[Data entries]
-- ===== src/Wallet.antt =====
-- app/wallet.py: the append-only ledger, with idempotent credit, debit, reserve, release and
-- capture. A user is named by `telegram_id`; `lock_user` re-reads the row under the lock.
pub mod Rules
pub mod Invariant
pub mod Replay
pub mod Effects
pub mod Flows
pub mod Stable
pub mod Pushes
use smmfalcron.Prelude.{
  string_eq, nat_eq, ℕ, String, Bool, Option, none, some, List, [], ◌∷◌, ◌||◌, ◌==◌, if◌then◌else◌,
  truncate, Option-cases, select, take, drop,
}
use smmfalcron.Prelude.Int.{ℤ, pos, ◌+ℤ◌, ◌-ℤ◌, neg, ltb_ℤ, leb_ℤ}
use smmfalcron.Table.{lookup, put}
use smmfalcron.Models.{Db, User, LedgerEntry, EntryType, available_paise}
use smmfalcron.Env.{Env}
use smmfalcron.Security.{new_idempotency_key, key_or}
use smmfalcron.Session.{
  Session, insufficient_funds, no_such_row, wallet_error, ◌>>=◌, ◌>>◌, return, throw, read,
  found_or, write, raise_if,
}

-- The rows of the ledger, newest first.
unfoldable pub find_key : String → List LedgerEntry → Option LedgerEntry
find_key k [] = none
find_key k (e ∷ es) = if e.idempotency_key == k then some e else find_key k es

-- The keyword arguments that only label the entry.
pub record Label : Type 0 where
  pub reason : String
  pub reference_type : Option String
  pub reference_id : Option String
  pub created_by : Option ℕ
  pub meta_json : Option String

unfoldable pub lock_user : ℕ → Session User
lock_user uid = do row ← read (λ db. lookup uid db.users); found_or no_such_row row

unfoldable pub existing_entry : String → Session (Option LedgerEntry)
existing_entry key = read (λ db. find_key key db.ledger)

abbrev pub ledger_entry : ℕ → User → ℤ → EntryType → Label → String → ℤ → ℤ → LedgerEntry
ledger_entry now u amount kind label key new_balance new_reserved = record {
  user_id = u.telegram_id;
  amount_paise = amount;
  entry_type = kind;
  reason = truncate 255 label.reason;
  reference_type = label.reference_type;
  reference_id = label.reference_id;
  idempotency_key = key;
  balance_after_paise = new_balance;
  reserved_after_paise = new_reserved;
  meta_json = label.meta_json;
  created_by = label.created_by;
  created_at = now;
}

abbrev pub with_balances : Db → User → ℤ → ℤ → User
with_balances db u new_balance new_reserved = record u {
  cached_balance_paise = new_balance;
  cached_reserved_paise = new_reserved;
  updated_at = db.now;
}

-- The user's row and the new entry, written together.
abbrev pub push : User → ℤ → ℤ → LedgerEntry → Db → Db
push u new_balance new_reserved entry db = record db {
  users = put u.telegram_id (with_balances db u new_balance new_reserved) db.users;
  ledger = entry ∷ db.ledger;
}

-- `_append`
unfoldable pub append_entry : User → ℤ → EntryType → Label → String → ℤ → ℤ → Session LedgerEntry
append_entry u amount kind label key new_balance new_reserved = do
  raise_if (ltb_ℤ new_balance (pos 0) || ltb_ℤ new_reserved (pos 0))
      (wallet_error "Wallet invariant violated")
  raise_if (ltb_ℤ new_balance new_reserved) insufficient_funds
  entry ← read (λ db. ledger_entry db.now u amount kind label key new_balance new_reserved)
  write (push u new_balance new_reserved entry)
  return entry

-- `if existing is not None: return existing`
abbrev pub or_existing : Option LedgerEntry → Session LedgerEntry → Session LedgerEntry
or_existing (some e) rest = return e
or_existing none rest = rest

-- What each of the five begins with: the amount must be positive, the user's row is locked, and an
-- entry that has the key already is returned as it is.
unfoldable pub once :
    ℤ → String → ℕ → (User → String) → (User → String → Session LedgerEntry) → Session LedgerEntry
unfolding lock_user existing_entry
once amount complaint uid key_for body = do
  raise_if (leb_ℤ amount (pos 0)) (wallet_error complaint)
  u ← lock_user uid
  existing ← existing_entry (key_for u)
  or_existing existing (body u (key_for u))

module _ ⦃env : Env⦄ where
  -- The key of a credit or a debit: the given one, or a hash of what is paid to whom.
  abbrev pub payment_key : String → ℤ → Label → Option String → User → String
  payment_key word amount label given u = key_or given (
      new_idempotency_key
        (word ∷ env.str_int (pos u.telegram_id) ∷ label.reason ∷ env.str_int amount ∷ []))

  unfoldable pub credit : ℕ → ℤ → Label → Option String → Session LedgerEntry
  credit uid amount label given =
      once amount "Credit amount must be positive" uid (payment_key "credit" amount label given)
        λ u key.
          append_entry u amount EntryType.credit label key (u.cached_balance_paise +ℤ amount)
            u.cached_reserved_paise

  unfoldable pub debit : ℕ → ℤ → Label → Option String → Session LedgerEntry
  debit uid amount label given =
      once amount "Debit amount must be positive" uid (payment_key "debit" amount label given)
        λ u key. do
          raise_if (ltb_ℤ (available_paise u) amount) insufficient_funds
          append_entry u (neg amount) EntryType.debit label key (u.cached_balance_paise -ℤ amount)
              u.cached_reserved_paise

unfoldable pub reserve : ℕ → ℤ → Label → String → Session LedgerEntry
reserve uid amount label given =
    once amount "Reserve amount must be positive" uid (λ _. given)
      λ u key. do
        raise_if (ltb_ℤ (available_paise u) amount) insufficient_funds
        append_entry u (pos 0) EntryType.reserve label key u.cached_balance_paise
            (u.cached_reserved_paise +ℤ amount)

-- A release of more than is reserved releases what is reserved.
unfoldable pub release : ℕ → ℤ → Label → String → Session LedgerEntry
release uid amount label given =
    once amount "Release amount must be positive" uid (λ _. given)
      λ u key.
        if ltb_ℤ u.cached_reserved_paise amount
        then (if leb_ℤ u.cached_reserved_paise (pos 0)
            then append_entry u (pos 0) EntryType.release label key u.cached_balance_paise (pos 0)
            else append_entry u (pos 0) EntryType.release label key u.cached_balance_paise
                (u.cached_reserved_paise -ℤ u.cached_reserved_paise))
        else append_entry u (pos 0) EntryType.release label key u.cached_balance_paise
            (u.cached_reserved_paise -ℤ amount)

unfoldable pub capture : ℕ → ℤ → Label → String → Session LedgerEntry
capture uid amount label given =
    once amount "Capture amount must be positive" uid (λ _. given)
      λ u key. do
        raise_if (ltb_ℤ u.cached_reserved_paise amount)
            (wallet_error "Cannot capture more than the reserved amount")
        append_entry u (neg amount) EntryType.capture label key (u.cached_balance_paise -ℤ amount)
            (u.cached_reserved_paise -ℤ amount)

module _ ⦃env : Env⦄ where
  -- A call of one of the five, with its key given.
  unfoldable pub run : EntryType → ℕ → ℤ → Label → String → Session LedgerEntry
  unfolding credit debit reserve release capture
  run EntryType.credit uid amount label key = credit uid amount label (some key)
  run EntryType.debit uid amount label key = debit uid amount label (some key)
  run EntryType.reserve uid amount label key = reserve uid amount label key
  run EntryType.release uid amount label key = release uid amount label key
  run EntryType.capture uid amount label key = capture uid amount label key

rows_of : ℕ → List LedgerEntry → List LedgerEntry
rows_of uid es = select (λ e. e.user_id == uid) es

-- A page of a user's entries, newest first.
unfoldable pub list_entries : ℕ → ℕ → ℕ → Db → List LedgerEntry
unfolding rows_of
list_entries uid limit offset db = take limit (drop offset (rows_of uid db.ledger))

* EXERCISE INSTRUCTIONS
Return the span of lines in the data above that opens at the line with "pub reference_id : Option String" and closes at the line with "entry_type = kind;", exactly, ends included, nothing else.

* OUTPUT BELOW
  pub reference_id : Option String
  pub created_by : Option ℕ
  pub meta_json : Option String

unfoldable pub lock_user : ℕ → Session User
lock_user uid = do row ← read (λ db. lookup uid db.users); found_or no_such_row row

unfoldable pub existing_entry : String → Session (Option LedgerEntry)
existing_entry key = read (λ db. find_key key db.ledger)

abbrev pub ledger_entry : ℕ → User → ℤ → EntryType → Label → String → ℤ → ℤ → LedgerEntry
ledger_entry now u amount kind label key new_balance new_reserved = record {
  user_id = u.telegram_id;
  amount_paise = amount;
  entry_type = kind;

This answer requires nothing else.